Scippy

GCG

Branch-and-Price & Column Generation for Everyone

How to generate diverse test sets

With this guide we describe how one can create (diverse) test sets from a large number of instances and decompositions to carry out experiments on.

Curate Diverse Test Sets

As presented by Donkiewicz (2021) with the help of the strIPlib, it is possible to generate diverse test sets. For theoretical details, we refer the reader to the thesis.

Preparations

Basis Test Set

First, you will need a test set that the script will use as ground set to filter from. This can be done e.g., by downloading a filtered test set from the strIPlib page. Due to the script's runtime, we recommend you not to exceed 1000 instances with the ground set. We will consider the filtered ground test set as filtered.test in the following.

Required Python Packages

We require python3.6 upwards and the following packages to be installed:

pandas scipy sklearn pyscipopt

For a tutorial on how to install PySCIPOpt, we refer the reader to the respective installation page.

Experiment Test Sets Generation

If you are a GCG developer and call the script inside /shared/gcg_runtime_data/diverse_testset_generation, the following command suffices:

./striplib.py --hours 30 -t filtered.test

Otherwise, you simply call the striplib.py script with your static and runtime data files (either .pkl or .csv). A command would then look like that:

./striplib.py --experiment --data results/static.csv --runtimes results/runtime_data.pkl --hours 30 -t filtered.test

where the runtimes pickle (here, striplib.pkl) must be in the format as exported by the general plotter (see visualization suite documentation for more information). The hours-flag defines how long the experiment should take (approximated, based on the runtime data you provided with the runtimes pickle). The given test set file defines the ground set of instances to select a diverse set from. If no decompositions are given in it (instance.lp instead of instance.lp;instance.dec), it is assumed that GCG should use these instances, detecting without any given decomposition.

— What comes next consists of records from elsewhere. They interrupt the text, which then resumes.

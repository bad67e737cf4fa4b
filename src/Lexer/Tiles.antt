-- ===== src/Lexer/Tiles.antt =====
-- The main loop of `Lexer.lex`: its tokens against the text, and its rounds.
use mathlib.Core.Path.{subst}
use l.Base.{
  ℕ, zero, suc, ◌+◌, ◌-◌, ◌<◌, ◌≤◌, Bool, Option, none, some, List, [], ◌∷◌, ◌++◌, ◌≡◌, refl, ap,
  sym, ◌∙◌, arith, length, take, drop, length-append, ◌⊎◌, inl, inr,
}
use mathlib.Core.List.{append_assoc, append-nil}
use l.Base.Results.{Result, ok, err, ◌>>=◌, bind_ok}
use l.Lexer.{
  Position, advance, advance_one, emit, placed, eof_at, LexFailure, out_of_fuel, raise_lexical,
  lex_loop, lex, origin,
}
use l.Lexer.Cuts.{Kind, eof, Tok, LexError}
use l.Lexer.Scan.{Piece, scan}
use l.Lexer.Pieces.{Yields, Spelled, scan-Yields}

pub advance_offset : (a : List ℕ) (p : Position) → (advance a p).offset ≡ p.offset + length a
unfolding advance
advance_offset [] p = omega arith
advance_offset (c ∷ a) p =
    let one : (advance_one c p).offset ≡ p.offset + 1 = ground arith in
    omega (arith, one, advance_offset a (advance_one c p))

-- what a token spells in the program
abbrev pub spelling : Tok → List ℕ
spelling t = elim t.raw [ some r ↦ r | none ↦ t.text ]

-- The text between two offsets.
abbrev pub slice : List ℕ → ℕ → ℕ → List ℕ
slice src i j = take (j - i) (drop i src)

-- From offset i on: each token stands behind the one before, is not empty and spells the text that it
-- spans; the last one is the end of the file, and stands at the end of the text.
abbrev pub Tiles : List ℕ → ℕ → List Tok → Type 0
Tiles src i [] = ⊥
Tiles src i (t ∷ []) = (t.kind ≡ eof) × (t.start ≡ length src) × (t.stop ≡ length src)
Tiles src i (t ∷ ts) =
    (i ≤ t.start)
    × (t.start < t.stop)
    × (t.stop ≤ length src)
    × (spelling t ≡ slice src t.start t.stop)
    × Tiles src t.stop ts

take_front : (a b : List ℕ) → take (length a) (a ++ b) ≡ a
take_front [] b = refl
take_front (x ∷ a) b = ap (λ t. x ∷ t) (take_front a b)

drop_front : (a b : List ℕ) → drop (length a) (a ++ b) ≡ b
drop_front [] b = refl
drop_front (x ∷ a) b = drop_front a b

slice_middle :
    (pre a b : List ℕ) (i j : ℕ)
    → i ≡ length pre
    → j ≡ i + length a
    → slice (pre ++ (a ++ b)) i j ≡ a
slice_middle pre a b i j e f =
    let width : j - i ≡ length a = omega (arith, f) in
    rw (width, e, drop_front pre (a ++ b)) (take_front a b)

Tiles-weaken : (src : List ℕ) (i j : ℕ) (ts : List Tok) → i ≤ j → Tiles src j ts → Tiles src i ts
Tiles-weaken src i j [] le h = h
Tiles-weaken src i j (t ∷ []) le h = h
Tiles-weaken src i j (t ∷ u ∷ ts) le h = (omega (arith, le, h.0), h.1, h.2, h.3, h.4)

emit-Tiles :
    (src a : List ℕ) (p q : Position) (tok : Option (Kind × List ℕ × Option (List ℕ)))
    (us : List Tok)
    → Spelled tok a
    → slice src p.offset q.offset ≡ a
    → p.offset < q.offset
    → q.offset ≤ length src
    → Tiles src q.offset us
    → Tiles src p.offset (emit (placed p q tok) us)
emit-Tiles src a p q none us sp sl lt le h = Tiles-weaken src p.offset q.offset us (omega arith) h
emit-Tiles src a p q (some (k, t, r)) [] sp sl lt le h = absurd h
emit-Tiles src a p q (some (k, t, none)) (u ∷ us) sp sl lt le h =
    (omega arith, lt, le, sp ∙ sym sl, h)
emit-Tiles src a p q (some (k, t, some r)) (u ∷ us) sp sl lt le h =
    (omega arith, lt, le, sp ∙ sym sl, h)

module _ (other_digit : ℕ → Bool) where
  Yields-ok :
      (r : Result LexError Piece) (cs : List ℕ) (p : Piece)
      → Yields r cs
      → raise_lexical r ≡ ok p
      → Yields (ok p) cs
  Yields-ok (ok q) cs p y h = let e : q ≡ p = cc in subst (λ x. Yields (ok x) cs) e y
  Yields-ok (err x) cs p y h = cc

  Yields-fuel : (r : Result LexError Piece) → ¬ (raise_lexical r ≡ err out_of_fuel)
  Yields-fuel (ok q) h = cc
  Yields-fuel (err x) h = cc

  bind_fuel :
      {A B : Type 0} (r : Result LexFailure A) (k : A → Result LexFailure B)
      → (r >>= k) ≡ err out_of_fuel
      → (r ≡ err out_of_fuel) ⊎ ((a : A) × (r ≡ ok a) × (k a ≡ err out_of_fuel))
  bind_fuel (ok a) k h = inr (a, refl, h)
  bind_fuel (err e) k h = inl cc

  abbrev tokens : List Tok → Result LexFailure (List Tok)
  tokens ts = ok ts

  the_tokens : {a b : List Tok} → tokens a ≡ ok b → a ≡ b
  the_tokens h = cc

  loop-Tiles :
      (f : ℕ) (keep : Bool) (p : Position) (pre cs : List ℕ) (ts : List Tok)
      → p.offset ≡ length pre
      → lex_loop other_digit f keep p cs ≡ ok ts
      → Tiles (pre ++ cs) p.offset ts
  unfolding lex_loop
  loop-Tiles f keep p pre [] ts e h =
      let same : eof_at p ∷ [] ≡ ts = cc in
      let n : p.offset ≡ length (pre ++ []) = rw append-nil e in
      subst (Tiles (pre ++ []) p.offset) same (refl, n, n)
  loop-Tiles zero keep p pre (c ∷ cs) ts e h = cc
  loop-Tiles (suc f) keep p pre (c ∷ cs) ts e h =
      let (piece, r, k) = bind_ok (raise_lexical (scan other_digit keep c cs)) _ h in
      let (taken, named) =
        Yields-ok (scan other_digit keep c cs) (c ∷ cs) piece (scan-Yields other_digit keep c cs)
          r in
      let (a, b) = piece.cut in
      let q = advance a p in
      let (us, s, w) = bind_ok (lex_loop other_digit f keep q b) _ k in
      let off : q.offset ≡ length (pre ++ a) =
        omega (arith, advance_offset a p, length-append pre a, e) in
      let rest = loop-Tiles f keep q (pre ++ a) b us off s in
      let src = pre ++ c ∷ cs in
      let same : pre ++ (a ++ b) ≡ src = ap (λ t. pre ++ t) taken.1 in
      let grouped : (pre ++ a) ++ b ≡ src = append_assoc pre a b ∙ same in
      let size = ap length same in
      let spans = slice_middle pre a b p.offset q.offset e (advance_offset a p) in
      let tiled =
        emit-Tiles src a p q piece.token us named
          (subst (λ t. slice t p.offset q.offset ≡ a) same spans)
          (omega (arith, advance_offset a p, taken.0))
          (omega
            (arith, advance_offset a p, size, length-append pre (a ++ b), length-append a b, e))
          (subst (λ t. Tiles t q.offset us) grouped rest) in
      subst (Tiles src p.offset) (the_tokens w) tiled

  -- The main loop never runs out of fuel: each round consumes text.
  loop-total :
      (f : ℕ) (keep : Bool) (p : Position) (cs : List ℕ)
      → length cs ≤ f
      → ¬ (lex_loop other_digit f keep p cs ≡ err out_of_fuel)
  unfolding lex_loop
  loop-total f keep p [] le h = cc
  loop-total zero keep p (c ∷ cs) le h = omega arith
  loop-total (suc f) keep p (c ∷ cs) le h =
      elim (bind_fuel (raise_lexical (scan other_digit keep c cs)) _ h) [
        | inl e ↦ Yields-fuel (scan other_digit keep c cs) e
        | inr (piece, r, k) ↦
            let (taken, named) =
              Yields-ok (scan other_digit keep c cs) (c ∷ cs) piece
                (scan-Yields other_digit keep c cs) r in
            let (a, b) = piece.cut in
            let shorter = length-append a b in
            let whole = ap length taken.1 in
            elim (bind_fuel (lex_loop other_digit f keep (advance a p) b) _ k) [
              | inl e ↦
                  loop-total f keep (advance a p) b (omega (arith, shorter, whole, taken.0, le)) e
              | inr (us, s, w) ↦ cc
            ]
      ]

  -- With offsets counted in code points, the tokens of a text that the lexer accepts stand one behind the
  -- other, none but the end of the file is empty, each spells the text between its two offsets, and the
  -- last is the end of the file, at the end of the text.
  pub lex-Tiles :
      (keep : Bool) (src : List ℕ) (ts : List Tok)
      → lex other_digit keep src ≡ ok ts
      → Tiles src 0 ts
  unfolding lex
  lex-Tiles keep src ts h = loop-Tiles (length src) keep (origin other_digit) [] src ts refl h

  -- The lexer always comes to an end: as many rounds as the text has code points are enough.
  pub lex-total : (keep : Bool) (src : List ℕ) → ¬ (lex other_digit keep src ≡ err out_of_fuel)
  unfolding lex
  lex-total keep src = loop-total (length src) keep (origin other_digit) src (omega arith)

Additional parameters are available to tune the selection process:

--kappa_min KAPPA_MIN
[Experiment] Minimum number of instances chosen from each suitable model group.
--kappa_max KAPPA_MAX
[Experiment] Maximum number of instances chosen from each suitable model group.
--mininstances MININSTANCES
[Experiment] Minimum number of instances chosen.
--maxinstances MAXINSTANCES
[Experiment] Maximum number of instances chosen.
-cs CLUSTER_STRICTNESS, --cluster_strictness CLUSTER_STRICTNESS
[Experiment] Diversity strictness ([0,1]).

The script will execute a modified variant of the strIPlib benchmark selection and finally export a test set (including decompositions).